**PROBLEM DETAILS:** Down to the last line, set the entries down again exactly.

**RECORDS SUPPLIED:**
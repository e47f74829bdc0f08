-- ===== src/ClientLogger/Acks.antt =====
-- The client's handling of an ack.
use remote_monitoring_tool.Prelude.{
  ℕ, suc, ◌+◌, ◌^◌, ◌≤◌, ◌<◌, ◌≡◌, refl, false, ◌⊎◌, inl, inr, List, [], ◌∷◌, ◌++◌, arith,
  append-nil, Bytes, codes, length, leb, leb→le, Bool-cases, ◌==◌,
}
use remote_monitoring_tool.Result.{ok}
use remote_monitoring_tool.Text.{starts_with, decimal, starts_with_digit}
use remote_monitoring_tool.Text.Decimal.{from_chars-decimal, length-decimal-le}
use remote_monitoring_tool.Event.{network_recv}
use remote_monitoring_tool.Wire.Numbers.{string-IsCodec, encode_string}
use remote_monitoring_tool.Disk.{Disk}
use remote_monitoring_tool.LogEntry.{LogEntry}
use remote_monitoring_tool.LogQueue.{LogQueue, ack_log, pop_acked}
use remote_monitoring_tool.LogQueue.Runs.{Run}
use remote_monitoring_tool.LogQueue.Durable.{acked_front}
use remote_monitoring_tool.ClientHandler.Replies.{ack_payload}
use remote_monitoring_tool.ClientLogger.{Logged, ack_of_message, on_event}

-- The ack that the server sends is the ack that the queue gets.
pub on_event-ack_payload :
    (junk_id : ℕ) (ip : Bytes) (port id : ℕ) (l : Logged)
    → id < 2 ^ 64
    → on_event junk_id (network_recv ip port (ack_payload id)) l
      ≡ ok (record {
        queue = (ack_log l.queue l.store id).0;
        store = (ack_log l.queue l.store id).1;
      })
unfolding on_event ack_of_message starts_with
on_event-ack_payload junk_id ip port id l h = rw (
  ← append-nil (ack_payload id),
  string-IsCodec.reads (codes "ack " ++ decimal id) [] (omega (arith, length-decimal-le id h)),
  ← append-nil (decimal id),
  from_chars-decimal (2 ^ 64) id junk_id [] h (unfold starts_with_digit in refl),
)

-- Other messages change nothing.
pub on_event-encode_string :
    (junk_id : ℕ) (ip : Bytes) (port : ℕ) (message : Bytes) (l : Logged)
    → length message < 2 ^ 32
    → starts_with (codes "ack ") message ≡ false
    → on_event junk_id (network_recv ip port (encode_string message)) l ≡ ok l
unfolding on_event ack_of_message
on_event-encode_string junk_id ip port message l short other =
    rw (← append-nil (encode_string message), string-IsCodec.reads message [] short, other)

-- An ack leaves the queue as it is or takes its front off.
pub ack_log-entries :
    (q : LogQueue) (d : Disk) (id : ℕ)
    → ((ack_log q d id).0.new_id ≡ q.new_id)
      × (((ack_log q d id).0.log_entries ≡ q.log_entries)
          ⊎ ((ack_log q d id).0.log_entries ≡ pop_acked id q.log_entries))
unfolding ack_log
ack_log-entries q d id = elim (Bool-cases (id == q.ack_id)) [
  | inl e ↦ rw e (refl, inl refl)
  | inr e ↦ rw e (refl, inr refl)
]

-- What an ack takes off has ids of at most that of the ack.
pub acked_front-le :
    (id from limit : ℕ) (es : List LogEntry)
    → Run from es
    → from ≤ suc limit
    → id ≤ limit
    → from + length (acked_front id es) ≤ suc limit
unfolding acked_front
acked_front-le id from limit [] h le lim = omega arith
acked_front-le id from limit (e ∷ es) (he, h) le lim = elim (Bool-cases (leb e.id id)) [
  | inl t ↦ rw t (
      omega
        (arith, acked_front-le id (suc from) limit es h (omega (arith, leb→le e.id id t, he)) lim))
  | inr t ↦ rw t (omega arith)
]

**ANSWER:**
repository e47f74829bdc0f08
-- ===== src/ClientLogger/Acks.antt =====
-- The client's handling of an ack.
use remote_monitoring_tool.Prelude.{
  ℕ, suc, ◌+◌, ◌^◌, ◌≤◌, ◌<◌, ◌≡◌, refl, false, ◌⊎◌, inl, inr, List, [], ◌∷◌, ◌++◌, arith,
  append-nil, Bytes, codes, length, leb, leb→le, Bool-cases, ◌==◌,
}
use remote_monitoring_tool.Result.{ok}
use remote_monitoring_tool.Text.{starts_with, decimal, starts_with_digit}
use remote_monitoring_tool.Text.Decimal.{from_chars-decimal, length-decimal-le}
use remote_monitoring_tool.Event.{network_recv}
use remote_monitoring_tool.Wire.Numbers.{string-IsCodec, encode_string}
use remote_monitoring_tool.Disk.{Disk}
use remote_monitoring_tool.LogEntry.{LogEntry}
use remote_monitoring_tool.LogQueue.{LogQueue, ack_log, pop_acked}
use remote_monitoring_tool.LogQueue.Runs.{Run}
use remote_monitoring_tool.LogQueue.Durable.{acked_front}
use remote_monitoring_tool.ClientHandler.Replies.{ack_payload}
use remote_monitoring_tool.ClientLogger.{Logged, ack_of_message, on_event}

-- The ack that the server sends is the ack that the queue gets.
pub on_event-ack_payload :
    (junk_id : ℕ) (ip : Bytes) (port id : ℕ) (l : Logged)
    → id < 2 ^ 64
    → on_event junk_id (network_recv ip port (ack_payload id)) l
      ≡ ok (record {
        queue = (ack_log l.queue l.store id).0;
        store = (ack_log l.queue l.store id).1;
      })
unfolding on_event ack_of_message starts_with
on_event-ack_payload junk_id ip port id l h = rw (
  ← append-nil (ack_payload id),
  string-IsCodec.reads (codes "ack " ++ decimal id) [] (omega (arith, length-decimal-le id h)),
  ← append-nil (decimal id),
  from_chars-decimal (2 ^ 64) id junk_id [] h (unfold starts_with_digit in refl),
)

-- Other messages change nothing.
pub on_event-encode_string :
    (junk_id : ℕ) (ip : Bytes) (port : ℕ) (message : Bytes) (l : Logged)
    → length message < 2 ^ 32
    → starts_with (codes "ack ") message ≡ false
    → on_event junk_id (network_recv ip port (encode_string message)) l ≡ ok l
unfolding on_event ack_of_message
on_event-encode_string junk_id ip port message l short other =
    rw (← append-nil (encode_string message), string-IsCodec.reads message [] short, other)

-- An ack leaves the queue as it is or takes its front off.
pub ack_log-entries :
    (q : LogQueue) (d : Disk) (id : ℕ)
    → ((ack_log q d id).0.new_id ≡ q.new_id)
      × (((ack_log q d id).0.log_entries ≡ q.log_entries)
          ⊎ ((ack_log q d id).0.log_entries ≡ pop_acked id q.log_entries))
unfolding ack_log
ack_log-entries q d id = elim (Bool-cases (id == q.ack_id)) [
  | inl e ↦ rw e (refl, inl refl)
  | inr e ↦ rw e (refl, inr refl)
]

-- What an ack takes off has ids of at most that of the ack.
pub acked_front-le :
    (id from limit : ℕ) (es : List LogEntry)
    → Run from es
    → from ≤ suc limit
    → id ≤ limit
    → from + length (acked_front id es) ≤ suc limit
unfolding acked_front
acked_front-le id from limit [] h le lim = omega arith
acked_front-le id from limit (e ∷ es) (he, h) le lim = elim (Bool-cases (leb e.id id)) [
  | inl t ↦ rw t (
      omega
        (arith, acked_front-le id (suc from) limit es h (omega (arith, leb→le e.id id t, he)) lim))
  | inr t ↦ rw t (omega arith)
]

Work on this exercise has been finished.